21All views are complemented by key features that offer the possibility to track the performance information and the characters in the play. These two features are available through dropdown menus at the top of the text. The performance information menu provides details on the characters on stage, the costumes used by them, the props mentioned, and the décor used for that scene, and the option ‘Track Characters’ highlights the names of the characters in the current scene. Finally, we have a third menu called ‘Go to’ that allows the browsing of the acts and scenes and an easy navigation through the text.

22Decidedly, a key advantage of the edition is the great amount of notes and bibliographical information. The text is extensively and wisely annotated; by hovering the pointer over the note number, a tooltip appears with the corresponding note text, and a new tab opens with all the notes when clicked on. The notes cover contextual, bibliographical, performative, and translational issues. Certain lexical issues, which may result in unusual words for the modern reader or actor, have the distinction of being defined by Sebastián de Covarrubias’s dictionary (1611). Furthermore, the page containing all footnotes presents clickable bibliographic items, leading to a complete reference on the ‘Bibliography’ page.

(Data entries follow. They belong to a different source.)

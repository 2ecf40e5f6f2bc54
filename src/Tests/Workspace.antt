-- ===== src/Tests/Workspace.antt =====
-- Runs of relay/internal/workspace and of the paths of relay/internal/sandbox.
use Prim.Native.String.{String}
use appunvs.Prelude.{
  ℕ, zero, suc, ◌≡◌, ◌≢◌, ◌↔◌, ◌⊎◌, inl, inr, refl, sym, ap, ◌∙◌, Bool, true, false, not, ◌&&◌,
  Bool-cases, codes_ltb, nat_eq, if◌then◌else◌, Option, none, some, List, [], ◌∷◌, ◌++◌, codes,
  length, Option-cases, arith, codes_beq, order_by, insert_by, has_prefix,
}
use appunvs.Workspace.Path
use appunvs.Workspace.Path.{Name, split, normalize_path}
use appunvs.Workspace.Path.Normal.{Inside, normalize_path-Inside}
use appunvs.Workspace.Path.Stable.{normalize_path_twice}
use appunvs.Workspace.Tree
use appunvs.Workspace.Tree.Lookup.{HasUniquePaths, IsClear, same, apart, compared}
use appunvs.Workspace.Tree.{
  FileEntry, regular, look, Flat, TreeEntry, PutTree, write_tree_recursive,
}
use appunvs.Workspace.Tree.Emit.{KeepsTrees, git_key, IsGitSorted, git_at}
use appunvs.Workspace.Tree.Read.{git_at-write_tree_recursive}
use appunvs.Workspace.Repo
use appunvs.Workspace.Repo.{Bytes, WriteOp, CommitObject, Head, Git, Read, commit}
use appunvs.Workspace.Repo.Laws.{Documented, Keeps-refl}
use appunvs.Workspace.Repo.Ops.{Files, after_op, after_ops, contents, Stored}
use appunvs.Workspace.Repo.Ends.{Ends}
use appunvs.Workspace.Repo.Refines.{Holds, commit-Holds}
use appunvs.Sandbox.Paths.{is_clean_rel_path}

normalize_path-Inside_example :
    ((q : List ℕ) × (normalize_path (codes "src/./lib/../app.ts") ≡ some q))
    ↔ ((codes "src/./lib/../app.ts" ≢ []) × Inside (codes "src/./lib/../app.ts"))
normalize_path-Inside_example = normalize_path-Inside (codes "src/./lib/../app.ts")

clean_run : normalize_path (codes "src/./lib/../app.ts") ≡ some (codes "src/app.ts")
unfolding normalize_path Path.is_illegal has_prefix Path.clean Path.to_slash Path.join split
    codes_beq
clean_run = refl

normalize_path_twice_example :
    (normalize_path (codes "src/app.ts") ≡ some (codes "src/app.ts"))
    × (is_clean_rel_path (codes "src/app.ts") ≡ true)
normalize_path_twice_example =
    normalize_path_twice (codes "src/./lib/../app.ts") (codes "src/app.ts") clean_run

-- A repository whose objects are numbered, with a number as that many letters.
abbrev pub unary : ℕ → String
unary zero = String.[]
unary (suc n) = String.◌∷◌ "a" (unary n)

abbrev nth : {A : Type 0} → List A → ℕ → Option A
nth [] i = none
nth (x ∷ xs) zero = some x
nth (x ∷ xs) (suc i) = nth xs i

abbrev named : {A : Type 0} → String → List A → Option A
named h xs = nth xs (length (codes h))

record Objects : Type 0 where
  pub trees : List (List TreeEntry)
  pub blobs : List Bytes
  pub commits : List CommitObject
  pub head : Head

pub length-unary : (n : ℕ) → length (codes (unary n)) ≡ n
length-unary zero = refl
length-unary (suc n) = ap suc (length-unary n)

nth_last : {A : Type 0} (xs : List A) (x : A) → nth (xs ++ x ∷ []) (length xs) ≡ some x
nth_last [] x = refl
nth_last (y ∷ xs) x = nth_last xs x

nth_old :
    {A : Type 0} (xs : List A) (x y : A) (i : ℕ) → nth xs i ≡ some y → nth (xs ++ x ∷ []) i ≡ some y
nth_old [] x y i h = absurd (ground arith)
nth_old (z ∷ xs) x y zero h = h
nth_old (z ∷ xs) x y (suc i) h = nth_old xs x y i h

new_named : {A : Type 0} (xs : List A) (x : A) → named (unary (length xs)) (xs ++ x ∷ []) ≡ some x
new_named xs x = rw (length-unary (length xs)) (nth_last xs x)

abbrev is_git_sorted : List TreeEntry → Bool
is_git_sorted [] = true
is_git_sorted (a ∷ []) = true
is_git_sorted (a ∷ b ∷ es) = not (codes_ltb (git_key b) (git_key a)) && is_git_sorted (b ∷ es)

is_git_sorted_sound : (es : List TreeEntry) → is_git_sorted es ≡ true → IsGitSorted es
is_git_sorted_sound [] h = tt
is_git_sorted_sound (a ∷ []) h = tt
is_git_sorted_sound (a ∷ b ∷ es) h = (ground arith, is_git_sorted_sound (b ∷ es) (ground arith))

abbrev with_tree : List TreeEntry → Objects → Objects
with_tree es g = record {
  trees = g.trees ++ es ∷ [];
  blobs = g.blobs;
  commits = g.commits;
  head = g.head;
}

abbrev stored_tree : PutTree Objects
stored_tree es g = (some (unary (length g.trees)), with_tree es g)

abbrev put_tree_in : PutTree Objects
put_tree_in es g = if is_git_sorted es then stored_tree es g else (none, g)

-- A tree that was put was in order.
put_tree_in_lem :
    (es : List TreeEntry) (g g' : Objects) (h : String)
    → put_tree_in es g ≡ (some h, g')
    → (is_git_sorted es ≡ true) × (stored_tree es g ≡ (some h, g'))
put_tree_in_lem es g g' h e = elim (Bool-cases (is_git_sorted es)) [
  | inl s ↦ (s, ground (arith, s, e))
  | inr s ↦ absurd (ground (arith, s, e))
]

abbrev tree_hash_in : Option CommitObject → Option String
tree_hash_in none = none
tree_hash_in (some c) = some c.tree_hash

abbrev objects : Git Objects
objects = record {
  head = λ g. g.head;
  files = λ c g. none;
  file = λ c path g. Read.failed;
  tree_of = λ h g. tree_hash_in (named h g.commits);
  history = λ c g. none;
  read_blob = λ h g. named h g.blobs;
  write_blob = λ b g. (
    some (unary (length g.blobs)),
    record { trees = g.trees; blobs = g.blobs ++ b ∷ []; commits = g.commits; head = g.head },
  );
  put_tree = put_tree_in;
  put_commit = λ c g. (
    some (unary (length g.commits)),
    record { trees = g.trees; blobs = g.blobs; commits = g.commits ++ c ∷ []; head = g.head },
  );
  set_main = λ h g. (
    true,
    record { trees = g.trees; blobs = g.blobs; commits = g.commits; head = Head.at_commit h },
  );
  now = λ g. (0, g);
}

some_inj : {A : Type 0} {x y : A} → some x ≡ some y → x ≡ y
some_inj e = ground arith

objects-KeepsTrees : KeepsTrees put_tree_in
objects-KeepsTrees = record {
  tree = λ h g. named h g.trees;
  put_reads = λ es g g' h e.
      let (_, put) = put_tree_in_lem es g g' h e in
      rw (sym (some_inj (ap (λ p. p.0) put)), sym (ap (λ p. p.1) put)) (new_named g.trees es);
  put_keeps = λ es g h old e. elim (Bool-cases (is_git_sorted es)) [
    | inl s ↦ rw s (nth_old g.trees es old (length (codes h)) e)
    | inr s ↦ rw s e
  ];
  put_sorted = λ es g g' h e. is_git_sorted_sound es (put_tree_in_lem es g g' h e).0;
}

objects-Documented : Documented objects objects-KeepsTrees
unfolding objects-KeepsTrees
objects-Documented = record {
  blob_reads = λ b g g' h e.
      rw (sym (some_inj (ap (λ p. p.0) e)), sym (ap (λ p. p.1) e)) (new_named g.blobs b);
  commit_reads = λ c g g' h e.
      rw (sym (some_inj (ap (λ p. p.0) e)), sym (ap (λ p. p.1) e))
        (ap tree_hash_in (new_named g.commits c));
  main_moves = λ h g g' e. rw (sym (ap (λ p. p.1) e)) refl;
  blob_keeps = λ b g. record {
    tree = λ h es e. e;
    blob = λ h b' e. nth_old g.blobs b b' (length (codes h)) e;
    commit = λ h t e. e;
  };
  tree_keeps = λ es g. elim (Bool-cases (is_git_sorted es)) [
    | inl s ↦ rw s (record {
      tree = λ h old e. nth_old g.trees es old (length (codes h)) e;
      blob = λ h b e. e;
      commit = λ h t e. e;
    })
    | inr s ↦ rw s (Keeps-refl objects objects-KeepsTrees g)
  ];
  commit_keeps = λ c g. record {
    tree = λ h es e. e;
    blob = λ h b e. e;
    commit = λ h t e. old_commit g.commits c t (length (codes h)) e;
  };
  main_keeps = λ h g. record { tree = λ k es e. e; blob = λ k b e. e; commit = λ k t e. e };
  now_keeps = λ g. record { tree = λ k es e. e; blob = λ k b e. e; commit = λ k t e. e };
  blob_head = λ b g. refl;
  tree_head =
      λ es g. elim (Bool-cases (is_git_sorted es)) [ inl s ↦ rw s refl | inr s ↦ rw s refl ];
  main_fails = λ h g g' e. absurd (ground arith);
  commit_head = λ c g. refl;
  now_head = λ g. refl;
}
  where
    old_commit :
        (cs : List CommitObject) (c : CommitObject) (t : String) (i : ℕ)
        → tree_hash_in (nth cs i) ≡ some t
        → tree_hash_in (nth (cs ++ c ∷ []) i) ≡ some t
    old_commit cs c t i e = elim (Option-cases (nth cs i)) [
      | inl x ↦ absurd (ground (arith, x, e))
      | inr (y, x) ↦ rw (nth_old cs c y i x) (rw x at e)
    ]

abbrev fresh_objects : Objects
fresh_objects = record { trees = []; blobs = []; commits = []; head = Head.unborn }

abbrev app_file : FileEntry
app_file = record { hash = "b0"; mode = regular }

abbrev two_files : Flat
two_files = (codes "app.ts", app_file) ∷ (codes "src/index.ts", app_file) ∷ []

abbrev two_files_written : Option String × Objects
two_files_written = write_tree_recursive put_tree_in two_files fresh_objects

abbrev two_files_after : Objects
two_files_after = two_files_written.1

two_files_run : two_files_written ≡ (some (unary 1), two_files_after)
unfolding write_tree_recursive Tree.build Tree.put_path Tree.update_dir Tree.set Tree.emit
    Tree.emit_node Tree.emit_rest Tree.prepend Tree.sort_entries Tree.file_entries split codes_beq
    order_by insert_by
two_files_run = refl

two_files-HasUniquePaths : HasUniquePaths two_files
unfolding look codes_beq
two_files-HasUniquePaths = (refl, (refl, tt))

two_paths :
    (q : List ℕ) → (look q two_files ≡ none) ⊎ ((q ≡ codes "app.ts") ⊎ (q ≡ codes "src/index.ts"))
unfolding look
two_paths q = elim (compared (codes "app.ts") q) [
  | same a ↦ inr (inl (sym a))
  | apart a ↦ elim (compared (codes "src/index.ts") q) [
    | same b ↦ inr (inr (sym b))
    | apart b ↦ inl (rw (a, b) refl)
  ]
]

IsClear-two :
    {A : Type 0} (f : List ℕ → Option A)
    → ((q : List ℕ) → (f q ≡ none) ⊎ ((q ≡ codes "app.ts") ⊎ (q ≡ codes "src/index.ts")))
    → IsClear f
unfolding split
IsClear-two f only p q m ms s = elim (only p) [
  | inl x ↦ inl x
  | inr (inl x) ↦ elim (only q) [
    | inl y ↦ inr y
    | inr (inl y) ↦ absurd (let s' = rw (x, y) at s in ground (arith, s'))
    | inr (inr y) ↦ absurd (let s' = rw (x, y) at s in ground (arith, s'))
  ]
  | inr (inr x) ↦ elim (only q) [
    | inl y ↦ inr y
    | inr (inl y) ↦ absurd (let s' = rw (x, y) at s in ground (arith, s'))
    | inr (inr y) ↦ absurd (let s' = rw (x, y) at s in ground (arith, s'))
  ]
]

two_files-IsClear : IsClear (λ p. look p two_files)
two_files-IsClear = IsClear-two (λ p. look p two_files) two_paths

git_at-write_tree_recursive_example :
    ((path : List ℕ)
      → git_at put_tree_in objects-KeepsTrees two_files_after (split path) (unary 1)
        ≡ look path two_files)
    × ((k : String)
        → (objects-KeepsTrees.tree k fresh_objects ≡ none)
          ⊎ (objects-KeepsTrees.tree k two_files_after ≡ objects-KeepsTrees.tree k fresh_objects))
git_at-write_tree_recursive_example =
    git_at-write_tree_recursive put_tree_in objects-KeepsTrees two_files fresh_objects
      two_files_after (unary 1) two_files-HasUniquePaths two_files-IsClear two_files_run

-- Two operations on a repository without a commit.
abbrev an_op : String → WriteOp
an_op path = record { path = codes path; content = codes "1"; delete = false }

abbrev ops : List WriteOp
ops = an_op "app.ts" ∷ an_op "src/index.ts" ∷ []

abbrev committed : Option String × Objects
committed = commit objects ops "" "" "" fresh_objects

abbrev committed_after : Objects
committed_after = committed.1

committed_run : committed ≡ (some (unary 0), committed_after)
unfolding commit Repo.on_head Repo.apply_ops Repo.apply_op Repo.continue_ops Repo.written
    Repo.write_ops Repo.seal Repo.new_commit Repo.point_main Repo.moved normalize_path
    Path.is_illegal has_prefix Path.clean Path.to_slash Path.join write_tree_recursive Tree.build
    Tree.put_path Tree.update_dir Tree.set Tree.emit Tree.emit_node Tree.emit_rest Tree.prepend
    Tree.sort_entries Tree.file_entries split codes_beq order_by insert_by
committed_run = refl

nothing_stored : Stored objects objects-KeepsTrees objects-Documented fresh_objects []
unfolding look
nothing_stored q = inl refl

abbrev the_files : Files
the_files = after_ops ops (contents objects objects-KeepsTrees objects-Documented fresh_objects [])

legal_paths :
    (normalize_path (codes "app.ts") ≡ some (codes "app.ts"))
    × (normalize_path (codes "src/index.ts") ≡ some (codes "src/index.ts"))
unfolding normalize_path Path.is_illegal has_prefix Path.clean Path.to_slash Path.join split
    codes_beq
legal_paths = (refl, refl)

elsewhere :
    (op : WriteOp) (p : List ℕ) (f : Files) (q : List ℕ)
    → normalize_path op.path ≡ some p
    → codes_beq p q ≡ false
    → after_op op f q ≡ f q
elsewhere op p f q n e = rw (after_op, n, e) refl

the_paths :
    (q : List ℕ) → (the_files q ≡ none) ⊎ ((q ≡ codes "app.ts") ⊎ (q ≡ codes "src/index.ts"))
unfolding after_ops look
the_paths q = elim (compared (codes "app.ts") q) [
  | same a ↦ inr (inl (sym a))
  | apart a ↦ elim (compared (codes "src/index.ts") q) [
    | same b ↦ inr (inr (sym b))
    | apart b ↦
        let (m, n) = legal_paths in
        let none_before : Files =
          contents objects objects-KeepsTrees objects-Documented fresh_objects [] in
        inl (
          elsewhere (an_op "src/index.ts") (codes "src/index.ts")
            (after_op (an_op "app.ts") none_before) q n b
          ∙ elsewhere (an_op "app.ts") (codes "app.ts") none_before q m a)
  ]
]

commit-Holds_example :
    Holds objects objects-KeepsTrees objects-Documented the_files committed_after (unary 0)
commit-Holds_example =
    commit-Holds objects objects-KeepsTrees objects-Documented (an_op "app.ts")
      (an_op "src/index.ts" ∷ []) [] "" "" "" (unary 0) fresh_objects committed_after
      (inl (refl, refl)) tt nothing_stored (IsClear-two the_files the_paths) committed_run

Additional Features: Indices and Map

23The edition offers a rich variety of indices regarding the names of the characters, places, occupations, sub-languages, proverbs, special terminology, and performance. They reflect the editor’s intentions of providing a guided depiction of the author, a better contextualized overview of his intellectual and literary world, and especially his language, full of a rich variety of registers, proverbs, and slang terms. The aim is to surpass the still very useful concordances in full text offered by the Biblioteca Miguel de Cervantes.10 In addition, the indices reflect the value and the work done in the text encoding labor, an accurate conceptual model that makes the most of the wealth of Cervantes’s language. As indicated by the editor, the model could certainly be applied to the other plays and works of the author of Don Quixote, providing scholars with an extraordinary source for critical material.11

Fig. 5: Index of Specialist Terminology.

24 The indices contain different lists of items, for instance, the Names index offers a list of names present in the play that contain contextual, historical, literary, mythological, political, or religious terms. There is also a Places index structured by ‘Bloc’ (New World or Europe), ‘Country’ (Bolivia, Italy, Peru and Spain), ‘Settlement’ (Madrid or Rome) or ‘Building’. In addition, we can find a list of occupations, always linked to the text through a reference. Yet, definitely, the most interesting indices are ‘Language’ and ‘Performance’, which include an invaluable amount of terms regarding sociological topics like culinary, medical, or nautical terminology, and also provides the user with concrete elements on the performance, such as the costumes or the furniture cogitated by Cervantes himself. In this sense, some of these terms could have deserved a picture or a brief definition, since not always the term is transparent to the modern reader. However, the modern scholar can guess as to how powerful it would be to have all of Cervantes’s works arranged in this way.

Fig. 6: Google Map.

25 Besides the Index of Places, the digital edition offers a link to a Google map built according to the places mentioned in the play and complemented by notes. The play takes place mostly in the household of the Almendárez family in Madrid, but Cervantes also mentions a good number of places from the New World, such as Bermuda, Lima, or a mountain in Bolivia, as well as places in Rome and Andalucía that he personally got to know during his multiple travels, as noted by the editor: ‘for example places in Rome with which he became familiar when chamberlain to Cardinal Acquaviva in 1570, and areas of Andalucía (most of them noted for the excellence of their wines) that he knew well from the time he spent there as an itinerant tax collector in the 1580s and 1590s’.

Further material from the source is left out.